ERP Adds New Measure of Safety for Pharmaceutical Industry

By Lori Shepherd
Updated: June 07, 2012

ERP Adds New Measure of Safety for Pharmaceutical Industry

For the pharmaceutical industry, FDA legislation is geared to bring both the distributor's and manufacturer's industry quality control standards to high levels of safety. Not only are pharmaceutical distributors and manufacturers required to keep control of their inventory recalls and know what products were shipped to which clients, but if they fail to comply they risk severe penalties and a complete recall of all shipments. For ERP solution providers, helping pharmaceutical companies meet stringent demands is crucial.

With safety standards clearly defined for the pharmaceutical industry, the intense competition among pharmaceutical companies, as well as other factors - including industry consolidation, consumer-driven pressure, and more - ERP solutions must tip the scale toward offering optimal support that takes into account each of these safety-driven factors. According to Dani Kaplan, an ERP solution expert from SMC Data Systems Inc., these are the top five controls necessary for ERP solution providers to be able to successfully manage stringent safety concerns of the new Safety Act with which pharmaceutical companies must currently comply:

  1. The computer system should be able to track lot control and shelf life date of all products, in both received and outgoing shipments.
  2. If a recall ever occurs, the distributors and manufacturers should know exactly which customers received products from that lot number.
  3. When inventory is received or shipped, the system should be able to determine if a product is beyond the desired threshold for shelf life.
  4. Products being shipped should be checked if they are outside the customer's threshold for shelf life. If it doesn't meet the threshold shelf life, it shouldn't be shipped.
  5. Shipping the product beyond the customer's threshold shelf life will result in returns, double freight bills and an unhappy customer.
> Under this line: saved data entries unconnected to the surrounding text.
-- ===== src/Observability/Latency/Bounds.antt =====
-- The latency statistics of app/services/observability.py against the values that they are about.
use native.Mathlib.Nat.{
  mul-le-mul_left, zero-mul, le-div_iff_mul-le, div-lt_iff_lt-mul, mul-div_cancel, mul-mod_left,
}
use syn.Common.{
  ℕ, suc, ◌+◌, ◌*◌, ◌/◌, ◌%◌, ◌≤◌, ◌<◌, ◌≡◌, refl, sym, ◌∙◌, ap, inl, inr, true, Option, none, some,
  List, [], ◌∷◌, arith, All, ltb, length, Bool-cases,
}
use syn.Errors.{Result, ok}
use syn.Observability.Latency.{
  LatencyStats, sorted, not_none, sum, round_div, percentile, last, stats_of,
  compute_latency_for_field,
}
use syn.Observability.Latency.Percentiles.{
  IsSorted, IsSorted-get_or_zero, value_at, at_place-value_at, value_at_bounds, value_at_mono,
}
use syn.Observability.Latency.Sorting.{
  mem, sorted-All, sorted-IsSorted, length-sorted, mem-sorted, mem-last, last-get_or_zero, last-ge,
  sum_bounds,
}

round_div_within :
    (a n low high : ℕ)
    → 0 < n
    → low * n ≤ a
    → a ≤ high * n
    → (low ≤ round_div a n) × (round_div a n ≤ high)
unfolding round_div
round_div_within a n low high p h k =
    let above : low ≤ a / n = (le-div_iff_mul-le p).1 h in
    elim (Bool-cases (ltb a (high * n))) [
      | inl e ↦
          let below : a / n < high = (div-lt_iff_lt-mul p).1 (ground (arith, e)) in
          ground (arith, above, below)
      | inr e ↦
          let full : a ≡ high * n = ground (arith, e, k) in
          let exact : a / n ≡ high = ap (λ (t : ℕ). t / n) full ∙ mul-div_cancel high p in
          let even : a % n ≡ 0 = ap (λ (t : ℕ). t % n) full ∙ mul-mod_left high n in
          ground (arith, above, exact, even)
    ]

percentile-value_at :
    (x : ℕ) (xs : List ℕ) (p : ℕ)
    → p ≤ 100
    → percentile (x ∷ xs) p ≡ ok (value_at (x ∷ xs) (length xs * p))
unfolding percentile
percentile-value_at x [] p h = rw (zero-mul p) refl
percentile-value_at x (y ∷ xs) p h =
    at_place-value_at (x ∷ y ∷ xs) (suc (length xs) * p)
      (omega (arith, mul-le-mul_left (suc (length xs)) h))

-- What the statistics of some values are: there are as many as the count says, all lie between a
-- least value and the maximum, which is one of them, and so do the mean and the percentiles.
abbrev pub Described : List ℕ → Result LatencyStats → Type 0
Described [] r =
    r ≡ ok (record { count = 0; avg_ms = none; p50_ms = none; p95_ms = none; max_ms = none })
Described (v ∷ vs) r =
    (low avg p50 p95 high : ℕ) × (r
      ≡ ok (record {
        count = length (v ∷ vs);
        avg_ms = some avg;
        p50_ms = some p50;
        p95_ms = some p95;
        max_ms = some high;
      }))
    × All (λ x. low ≤ x) (v ∷ vs)
    × All (λ x. x ≤ high) (v ∷ vs)
    × (mem low (v ∷ vs) ≡ true)
    × (mem high (v ∷ vs) ≡ true)
    × (low ≤ avg)
    × (avg ≤ high)
    × (low ≤ p50)
    × (p50 ≤ p95)
    × (p95 ≤ high)

module _ (w : ℕ) (ws : List ℕ) (s : IsSorted (w ∷ ws)) where
  in_range :
      (k : ℕ)
      → (k + 99) / 100 ≤ length ws
      → (w ≤ value_at (w ∷ ws) k) × (value_at (w ∷ ws) k ≤ last w ws)
  in_range k h =
      let (a, b) = value_at_bounds (w ∷ ws) s k (omega (arith, h)) in
      (
        omega (
          arith,
          a,
          IsSorted-get_or_zero (w ∷ ws) 0 (k / 100) s (omega arith) (omega (arith, h)),
        ),
        omega (
          arith,
          b,
          last-get_or_zero w ws,
          IsSorted-get_or_zero (w ∷ ws) ((k + 99) / 100) (length ws) s h (omega arith),
        ),
      )

  stats_of-Described : Described (w ∷ ws) (stats_of (w ∷ ws))
  unfolding stats_of mem
  stats_of-Described =
      let least : All (λ x. w ≤ x) (w ∷ ws) = (omega arith, s.0) in
      let most = last-ge w ws s in
      let (below, above) = sum_bounds w (last w ws) (w ∷ ws) least most in
      let (a, b) =
        round_div_within (sum (w ∷ ws)) (length (w ∷ ws)) w (last w ws) (omega arith) below above in
      (
        w,
        round_div (sum (w ∷ ws)) (length (w ∷ ws)),
        value_at (w ∷ ws) (length ws * 50),
        value_at (w ∷ ws) (length ws * 95),
        last w ws,
        rw (percentile-value_at w ws 50 (omega arith), percentile-value_at w ws 95 (omega arith))
            refl,
        least,
        most,
        ground arith,
        mem-last w ws,
        a,
        b,
        (in_range (length ws * 50) (omega arith)).0,
        value_at_mono (w ∷ ws) s (length ws * 50) (length ws * 95) (omega arith) (omega arith),
        (in_range (length ws * 95) (omega arith)).1,
      )

-- A description depends on which values there are, not on their order.
Described-transfer :
    (vs ws : List ℕ) (r : Result LatencyStats)
    → length ws ≡ length vs
    → ((P : ℕ → Type 0) → All P ws → All P vs)
    → ((u : ℕ) → mem u ws ≡ mem u vs)
    → Described ws r
    → Described vs r
Described-transfer [] [] r l every m d = d
Described-transfer [] (w ∷ ws) r l every m d = absurd (omega (arith, l))
Described-transfer (v ∷ vs) [] r l every m d = absurd (omega (arith, l))
Described-transfer (v ∷ vs) (w ∷ ws) r l every m
      (low, avg, p50, p95, high, e, a, b, i, j, c0, c1, c2, c3, c4) =
    (
      low,
      avg,
      p50,
      p95,
      high,
      e
          ∙ ap
              (λ n. ok (record {
                count = n;
                avg_ms = some avg;
                p50_ms = some p50;
                p95_ms = some p95;
                max_ms = some high;
              }))
              l,
      every (λ x. low ≤ x) a,
      every (λ x. x ≤ high) b,
      sym (m low) ∙ i,
      sym (m high) ∙ j,
      c0,
      c1,
      c2,
      c3,
      c4,
    )

sorted-Described : (ws : List ℕ) → IsSorted ws → Described ws (stats_of ws)
sorted-Described [] s = unfold stats_of in refl
sorted-Described (w ∷ ws) s = stats_of-Described w ws s

-- The statistics of a column raise nothing, and pass over the values that are missing: with none
-- left they are empty, and else their count is the number of the values, the maximum is the
-- greatest of them, the mean lies between the least and the greatest, and the median is at most the
-- 95th percentile, both between the least and the greatest too.
pub compute_latency_for_field-Described :
    (values : List (Option ℕ)) → Described (not_none values) (compute_latency_for_field values)
unfolding compute_latency_for_field
compute_latency_for_field-Described values =
    let vs = not_none values in
    Described-transfer vs (sorted vs) (stats_of (sorted vs)) (length-sorted vs)
      (λ P. sorted-All P vs) (λ u. mem-sorted u vs)
      (sorted-Described (sorted vs) (sorted-IsSorted vs))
Kaplan emphasizes that having accurate lot number controls for each product will allow for easy tracking of who got which product and will enable the distributors and manufacturers to notify the customer about the recall. The warehouse staff will know where the unshipped recalled products are located and will be able to pull them off the shelf. Recalled product reports should be available for the FDA inspector proving the recalled products were returned and unshipped inventory in the warehouse were pulled off the shelves and will be destroyed.

There’s also ample evidence that bar-coded labeling is a key concern that ERP software can address. By upgrading to ERP software, pharmaceutical companies can better establish warehouse control of all products received in the warehouse which are bar-code labeled. If the received product doesn't have a bar-coded label, the person who receives the inventory prints the bar-coded label off a small barcode printer that is attached to his/her belt and puts the label on the product. The newly received inventory can then be put in a designated location or a random location. By scanning both the bar-coded label on the product and the location, the computer records will be updated.